Saturday afternoon. I am in the living room, watching David Oistrakh perform the Sibelius violin concerto on DVD. The music has swept me away, like it always does. “Mom, come here,” my son Jonathan shouts from the office.
“Can’t. I’m watching this performance. It’s important.”
“But I need you. Come here.”
This time I offer no reply. I’m at an electric place within the Sibelius, cerebrally and emotionally. Three days earlier, I’d played the concerto nonstop on the computer while I worked on three crucial scenes in my novel. The protagonist has reached her darkest hour, so to speak. She has a terrible argument with her beloved mentor, goes and does something unspeakable, then, two days later, plays her heart out in the finals of an international competition. She performs the Sibelius as if her life depended on it, and in a sense, it does. She’s a scrappy survivor type who doesn’t have a lot going for her except for the way she can play the violin.
Fourteen hours of this immersion—interspersed with only short, terse breaks—caused both story and music to merge and seep into every nook and cranny of my consciousness. A most draining experience to record. The next day I had an artistic hangover.

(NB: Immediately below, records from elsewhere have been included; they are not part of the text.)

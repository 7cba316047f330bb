-- ===== src/Compress/Examples.antt =====
-- Runs of the parallel writer of src/internal/compress/compress.go on small data.
use db_backup.Base.{
  ℕ, ◌≡◌, refl, ◌<◌, ◌≤◌, ◌⊎◌, Bool, true, false, List, [], ◌∷◌, Option, none, some, Bytes, codes,
  take, map, concat, arith,
}
use db_backup.Compress.Segments.{segments_of}
use db_backup.Compress.Collector.{ChunkResult, Collector, new_collector, collect}
use db_backup.Compress.Workers.{
  Phase, unborn, waiting, encoding, ready, sent, Pipeline, thread_count, outcome, acquire, release,
  send, Next, submits, moves, receives, Reached, start, step, all_born, all_sent, all_unborn,
  IsFinished,
}
use db_backup.Compress.Counts.{encoders}
use db_backup.Compress.Close.{written_in_order, close-writes_all}
use db_backup.Compress.Progress.{work_left, close_ends}

-- An encoder that frames a segment, and a writer that takes everything.
abbrev framed : Bytes → Option Bytes
framed s = some (60 ∷ s)

abbrev takes_all : List Bytes → Bytes → Bool
takes_all written b = true

abbrev calls : List Bytes
calls = codes "ab" ∷ codes "c" ∷ []

abbrev result : ℕ → Bytes → ChunkResult
result k b = record { seq = k; buf = some b }

three_cut :
    segments_of 2 [] (codes "a" ∷ codes "bcde" ∷ []) ≡ codes "ab" ∷ codes "cd" ∷ codes "e" ∷ []
unfolding segments_of
three_cut = refl

abbrev first_waits : Collector
first_waits = record { next = 0; pending = (1, codes "<c") ∷ []; written = []; stopped = false }

abbrev both_written : Collector
both_written = record {
  next = 2;
  pending = [];
  written = codes "<ab" ∷ codes "<c" ∷ [];
  stopped = false;
}

late_first : collect takes_all first_waits (result 0 (codes "<ab")) ≡ both_written
unfolding collect
late_first = refl

-- An error stops the collector for good.
after_error :
    collect takes_all
      (collect takes_all new_collector (record { seq = 0; buf = none }))
      (result 1 (codes "<c"))
    ≡ record new_collector { stopped = true }
unfolding collect
after_error = refl

abbrev at_state : ℕ → List ChunkResult → Phase → Phase → Collector → Pipeline
at_state n c p q col = record { slots = n; results = c; workers = p ∷ q ∷ []; collector = col }

-- The second segment is encoded and received first.
abbrev RunsTo : Pipeline → Type 0
RunsTo s = Reached 2 framed takes_all (segments_of 2 [] calls) s

both_encode : RunsTo (at_state 2 [] encoding encoding new_collector)
unfolding segments_of all_unborn all_born
both_encode =
    step _ _
      (step _ _
        (step _ _ (step _ _ start (submits 0 [] new_collector [] (unborn ∷ []) refl))
          (submits 0 [] new_collector (waiting ∷ []) [] refl))
        (moves 0 1 [] [] new_collector [] (waiting ∷ []) waiting encoding
          (acquire 0 [] (omega arith))))
      (moves 1 2 [] [] new_collector (encoding ∷ []) [] waiting encoding
        (acquire 1 [] (omega arith)))

second_queued : RunsTo (at_state 1 (result 1 (codes "<c") ∷ []) encoding sent new_collector)
unfolding segments_of
second_queued =
    step _ _
      (step _ _ both_encode
        (moves 2 1 [] [] new_collector (encoding ∷ []) [] encoding ready (release 1 [])))
      (moves 1 1 [] _ new_collector (encoding ∷ []) [] ready sent (send 1 [] (omega arith)))

second_received : RunsTo (at_state 1 [] encoding sent first_waits)
unfolding collect
second_received =
    step _ _ second_queued
      (receives 1 (result 1 (codes "<c")) [] new_collector (encoding ∷ sent ∷ []))

finished : RunsTo (at_state 0 [] sent sent both_written)
unfolding collect segments_of
finished =
    step _ _
      (step _ _
        (step _ _ second_received
          (moves 1 0 [] [] first_waits [] (sent ∷ []) encoding ready (release 0 [])))
        (moves 0 0 [] _ first_waits [] (sent ∷ []) ready sent (send 0 [] (omega arith))))
      (receives 0 (result 0 (codes "<ab")) [] first_waits (sent ∷ sent ∷ []))

written_in_order_example :
    (1 ≡ encoders (encoding ∷ sent ∷ []))
    × (encoders (encoding ∷ sent ∷ []) ≤ thread_count 2)
    × (map framed (take 0 (segments_of 2 [] calls)) ≡ map some [])
written_in_order_example =
    written_in_order 2 framed takes_all (segments_of 2 [] calls)
      (at_state 1 [] encoding sent first_waits) second_received

close-writes_all_example :
    (map framed (segments_of 2 [] calls) ≡ map some (codes "<ab" ∷ codes "<c" ∷ []))
    × (concat (segments_of 2 [] calls) ≡ concat calls)
unfolding all_sent
close-writes_all_example =
    close-writes_all 2 2 framed takes_all calls (at_state 0 [] sent sent both_written) (omega arith)
      finished (refl, refl) refl

close_ends_example :
    (IsFinished (at_state 1 [] encoding sent first_waits)
      ⊎ ((t : Pipeline) × Next 2
            (outcome framed (segments_of 2 [] calls))
            takes_all
            (at_state 1 [] encoding sent first_waits)
            t))
    × ((t : Pipeline)
        → Next 2
            (outcome framed (segments_of 2 [] calls))
            takes_all
            (at_state 1 [] encoding sent first_waits)
            t
        → work_left t < work_left (at_state 1 [] encoding sent first_waits))
close_ends_example =
    close_ends 2 framed takes_all (segments_of 2 [] calls) (at_state 1 [] encoding sent first_waits)
      second_received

You’d think I’d have gotten my fill. Apparently not. Watching the David Oistrakh DVD on Saturday afternoon, I am sucked right back inside that intense place. But my son is insistent. It finally crosses his mind to get off his butt, leave the office, and come to the living room, where he can stare at me accusingly, hands on his hips. “I need help on the computer.”
“What is it?”
“Later.” David’s playing the adagio now. I’m so inside it, it hurts.
Jonathan’s face scrunches. He can’t wait. He will expire if he has to wait. I tell him, my eyes focused on the television, that I'll help after the movement is finished and not before. His shoulders collapse. Tears fill his eyes. “You love that music more than you love me,” he cries. Then he turns and runs down the hall. Cue for Mommy to leap up, follow him, gather him up in her arms and tell him no, that’s not possible, it’s only a dumb piece of music, how could she love anyone or anything more than her son?
I don’t rise to the bait. I don’t leave the Sibelius. I can’t. My son will never understand this. Even I have trouble understanding this lion inside me. I hear him stomp into the office and slam the door and I sit there, inside the Sibelius, in this frozen state—but not frozen, because my heart’s on fire. Or my soul. One of those intense places. The music has gripped me. I would let dinner on the stove burn at moments like this. I would ignore a ringing phone, a shout from my husband, a fire alarm.
Only the music matters. This message springs up inside me from a place beyond ego, beyond words and justifications, beyond even guilt. It feels timeless and pure. Right then, music has elevated me far above the grind of daily life. It feels more important, certainly more significant, than life. One man, one piece of music from his head—how is it a mere nugget of mortal sensory stimulation can expand to feel bigger than even the night sky? And how can I listen to this concerto hundreds of times and still get sucked up into its wintery, haunting intensity within seconds? Maybe even more so, after our fourteen-hour marathon together.
What did it feel like to be Sibelius, composing this, all that fire in his heart? Or how about when a soloist performs it, immersed in the spirit of the music -- or does that not happen? When I performed onstage as a ballet dancer, a performance rarely swept me away. I was too busy focusing on technique and presentation, responding to cues from audience, stage surface, my body, the lights in my eye, the other dancers. I’d get flashes of transcendence from time to time, but not much more.
What is it like to perform the Sibelius? I’d love to hear your comments, or even simply your experiences as a listener. Does this, or any other piece, haunt you eternally?